Covid-19 and the Paycheck Protection Program (PPP)

Louie Lujan
4 min readMay 5, 2020

Small businesses contain half of the American work force. Now during the COVID-19 outbreak, owners are having difficulty surviving and paying employees and reopening businesses. The CARES act, the Paycheck protection program(PPP) has given $454 billion as loans to small businesses in the first round. However, the federal government’s decision on PPP was rash, bank lenders are confused with the program, and borrowers have difficulty to find lenders. Furthermore, the purpose of the program is still unclear.

According to Louie Lujan , Government Relations Director at CIMA law Group, the Treasury Department released details of PPP only hours before its opening, lenders did not have enough time to understand. The Treasury Department Secretary Steven Mnuchin claimed borrowers could receive loans within a day. This claim was absurd to lenders.

Lujan said that Loans in the first round had run out in 13 days, now we are in the process of the second round. However, the prediction of the second round is running out quickly like the first round and borrowers still need more loans. Economists predicted that at least $1 trillion loans can satisfy all borrowers.

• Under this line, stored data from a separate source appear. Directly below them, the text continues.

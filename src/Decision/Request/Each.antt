-- ===== src/Decision/Request/Each.antt =====
-- The loop over the subjects of a request: each is checked as if it were alone.
use mathlib.Core.List.{append-nil, append_assoc}
use greenwave.Prelude.{
  String, ◌≡◌, refl, sym, ap, ◌∙◌, subst, Bool, false, List, [], ◌∷◌, ◌++◌, map, arith, is_empty,
  if◌then◌else◌, Bool-cases, inl, inr,
}
use greenwave.Outcome.{not_found, Result, ok, raise, ◌>>=◌, bind-eq-ok}
use greenwave.Subject.{Subject}
use greenwave.Answer.{Answer}
use greenwave.Policy.{Policy}
use greenwave.Policy.Services.{Services}
use greenwave.Decision.{
  Decision, new_decision, subject_policies, check_policies, context_of, note_verbose,
  no_policy_message, check,
}
use greenwave.Decision.Request.{check_subjects}

module _ (services : Services) (policies : List Policy) where
  -- A decision of these contexts and this version about one subject only, which is not verbose.
  abbrev pub checked_alone : List String → String → Subject → Result Decision
  checked_alone contexts version s = check services (new_decision contexts version false) s policies

  -- What is added to a decision for a subject.
  abbrev pub answers_in : Result Decision → List Answer
  answers_in (ok d) = d.answers
  answers_in (raise e) = []

  abbrev pub policies_in : Result Decision → List Policy
  policies_in (ok d) = d.applicable_policies
  policies_in (raise e) = []

  -- The answers and the applicable policies of each subject alone, in turn.
  abbrev pub answers_alone : List String → String → List Subject → List Answer
  answers_alone contexts version [] = []
  answers_alone contexts version (s ∷ subjects) =
      answers_in (checked_alone contexts version s) ++ answers_alone contexts version subjects

  abbrev pub policies_alone : List String → String → List Subject → List Policy
  policies_alone contexts version [] = []
  policies_alone contexts version (s ∷ subjects) =
      policies_in (checked_alone contexts version s) ++ policies_alone contexts version subjects

  -- What follows the choice of the policies.
  with_applicable : Decision → Subject → List Policy → Result Decision
  with_applicable d s applicable =
      if is_empty applicable
      then (if s.subject_type.ignore_missing_policy
          then ok d
          else raise (not_found (no_policy_message services d s)))
      else (do
        d' ← note_verbose services d s
        (answers, verified) ← check_policies services (context_of services d s) applicable []
        ok (record d' {
          answers = d'.answers ++ answers;
          applicable_policies = d'.applicable_policies ++ applicable;
        }))

  abbrev start : Decision → Decision
  start d = new_decision d.decision_contexts d.product_version false

  check-with_applicable :
      (d : Decision) (s : Subject)
      → check services d s policies
        ≡ (subject_policies services d s policies >>= with_applicable d s)
  unfolding check with_applicable
  check-with_applicable d s = refl

  start-applicable :
      (d : Decision) (s : Subject)
      → subject_policies services (start d) s policies ≡ subject_policies services d s policies
  unfolding subject_policies new_decision
  start-applicable d s = refl

  -- What `with_applicable` adds, beside what it makes of an empty decision that is not verbose.
  record AddedFor (d d' : Decision) (s : Subject) (applicable : List Policy) : Type 0 where
    alone : Decision
    returns : with_applicable (start d) s applicable ≡ ok alone
    answers_added : d'.answers ≡ d.answers ++ alone.answers
    policies_added : d'.applicable_policies ≡ d.applicable_policies ++ alone.applicable_policies
    same_contexts : d'.decision_contexts ≡ d.decision_contexts
    same_version : d'.product_version ≡ d.product_version

  note_verbose-kept :
      (d d' : Decision) (s : Subject)
      → note_verbose services d s ≡ ok d'
      → (d'.answers ≡ d.answers)
        × (d'.applicable_policies ≡ d.applicable_policies)
        × (d'.decision_contexts ≡ d.decision_contexts)
        × (d'.product_version ≡ d.product_version)
  unfolding note_verbose
  note_verbose-kept d d' s h = ground arith

  abbrev with_answers : Decision → List Answer → List Policy → Decision
  with_answers d answers applicable = record d {
    answers = d.answers ++ answers;
    applicable_policies = d.applicable_policies ++ applicable;
  }

  with_applicable-AddedFor :
      (d d' : Decision) (s : Subject) (applicable : List Policy)
      → with_applicable d s applicable ≡ ok d'
      → AddedFor d d' s applicable
  unfolding with_applicable new_decision note_verbose
  with_applicable-AddedFor d d' s [] e = elim (Bool-cases s.subject_type.ignore_missing_policy) [
    | inl ignored ↦
        let same : d ≡ d' = ground (arith, ignored, e) in
        subst (λ x. AddedFor d x s []) same
          (record {
            alone = start d;
            returns = rw (ignored, with_applicable) refl;
            answers_added = sym (append-nil d.answers);
            policies_added = sym (append-nil d.applicable_policies);
            same_contexts = refl;
            same_version = refl;
          })
    | inr refused ↦ absurd (ground (arith, refused, e))
  ]
  with_applicable-AddedFor d d' s (p ∷ ps) e =
      let (noted, taken, e1) =
        bind-eq-ok (note_verbose services d s)
          (λ noted. check_policies services (context_of services d s) (p ∷ ps) [] >>= λ r.
            ok (with_answers noted r.0 (p ∷ ps)))
          e in
      let (r, checked, e2) =
        bind-eq-ok (check_policies services (context_of services d s) (p ∷ ps) [])
          (λ r. ok (with_answers noted r.0 (p ∷ ps))) e1 in
      let same : with_answers noted r.0 (p ∷ ps) ≡ d' = ground arith in
      let kept = note_verbose-kept d noted s taken in
      subst (λ x. AddedFor d x s (p ∷ ps)) same
        (record {
          alone = with_answers (start d) r.0 (p ∷ ps);
          returns = rw checked refl;
          answers_added = ap (λ (l : List Answer). l ++ r.0) kept.0;
          policies_added = ap (λ (l : List Policy). l ++ p ∷ ps) kept.1;
          same_contexts = kept.2;
          same_version = kept.3;
        })

  check-AddedFor :
      (d d' : Decision) (s : Subject)
      → check services d s policies ≡ ok d'
      → (applicable : List Policy) × (added : AddedFor d d' s applicable) × (checked_alone
            d.decision_contexts d.product_version s
          ≡ ok added.alone)
  check-AddedFor d d' s e =
      let (applicable, found, rest) =
        bind-eq-ok (subject_policies services d s policies) (with_applicable d s)
          (sym (check-with_applicable d s) ∙ e) in
      let added = with_applicable-AddedFor d d' s applicable rest in
      (
        applicable,
        added,
        check-with_applicable (start d) s
            ∙ ap (λ m. m >>= with_applicable (start d) s) (start-applicable d s ∙ found)
            ∙ added.returns,
      )

  -- The loop, from any decision on.
  check_subjects-added :
      (subjects : List Subject) (d d' : Decision)
      → check_subjects services policies (map ok subjects) d ≡ ok d'
      → (d'.answers ≡ d.answers ++ answers_alone d.decision_contexts d.product_version subjects)
        × (d'.applicable_policies
            ≡ d.applicable_policies
              ++ policies_alone d.decision_contexts d.product_version subjects)
  unfolding check_subjects
  check_subjects-added [] d d' e =
      let same : d ≡ d' = ground arith in
      subst
        (λ x. (x.answers ≡ d.answers ++ []) × (x.applicable_policies ≡ d.applicable_policies ++ []))
        same (sym (append-nil d.answers), sym (append-nil d.applicable_policies))
  check_subjects-added (s ∷ subjects) d d' e =
      let (d1, checked, e1) =
        bind-eq-ok (check services d s policies)
          (check_subjects services policies (map ok subjects)) e in
      let (applicable, added, alone) = check-AddedFor d d1 s checked in
      let rest = check_subjects-added subjects d1 d' e1 in
      let contexts = d.decision_contexts in
      let version = d.product_version in
      (
        rest.0
            ∙ ap (λ (c : List String). d1.answers ++ answers_alone c d1.product_version subjects)
                added.same_contexts
            ∙ ap (λ v. d1.answers ++ answers_alone contexts v subjects) added.same_version
            ∙ ap (λ (l : List Answer). l ++ answers_alone contexts version subjects)
                added.answers_added
            ∙ append_assoc d.answers added.alone.answers (answers_alone contexts version subjects)
            ∙ ap (λ m. d.answers ++ (answers_in m ++ answers_alone contexts version subjects))
                (sym alone),
        rest.1
            ∙ ap
                (λ (c : List String).
                  d1.applicable_policies ++ policies_alone c d1.product_version subjects)
                added.same_contexts
            ∙ ap (λ v. d1.applicable_policies ++ policies_alone contexts v subjects)
                added.same_version
            ∙ ap (λ (l : List Policy). l ++ policies_alone contexts version subjects)
                added.policies_added
            ∙ append_assoc d.applicable_policies added.alone.applicable_policies
                (policies_alone contexts version subjects)
            ∙ ap
                (λ m.
                  d.applicable_policies
                  ++ (policies_in m ++ policies_alone contexts version subjects))
                (sym alone),
      )

pub check_subjects-each :
    (services : Services) (policies : List Policy) (contexts : List String) (version : String)
    (verbose : Bool) (subjects : List Subject) (d' : Decision)
    → check_subjects services policies (map ok subjects) (new_decision contexts version verbose)
      ≡ ok d'
    → (d'.answers ≡ answers_alone services policies contexts version subjects)
      × (d'.applicable_policies ≡ policies_alone services policies contexts version subjects)
unfolding new_decision
check_subjects-each services policies contexts version verbose subjects d' e =
    check_subjects-added services policies subjects (new_decision contexts version verbose) d' e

Not only is the start of the PPP program is confusing and chaotic, it also seems unreasonable to many small businesses owners. There is one real case(case 1) that can reflect this problem. An owner has two different types of restaurant, each restaurant needs several workers. She successfully got one loan for one of her restaurants. However, the situation was embarrassing, she hesitated to take money. Under the PPP program policy, the loans can be fully forgiven only if workers continually paid from the loans for eight weeks. Of course, she, like other owners, wants the loans to be fully forgiven, then she needs to employ workers for eight weeks even if the restaurant is closed. Not surprisingly, we can see her restaurant can not be benefited from the loans. However, even workers can not be benefited. She contacted her previous employees, but they did not want to come back working for her, since these workers can get more money by staying at home compared with working for her. They are now getting unemployment benefits $600 a week and additional federal benefits included stimulus bills. She really wants this money to be used for retooling her space to earn money, but her plan is not permissible according to the PPP program’s purpose.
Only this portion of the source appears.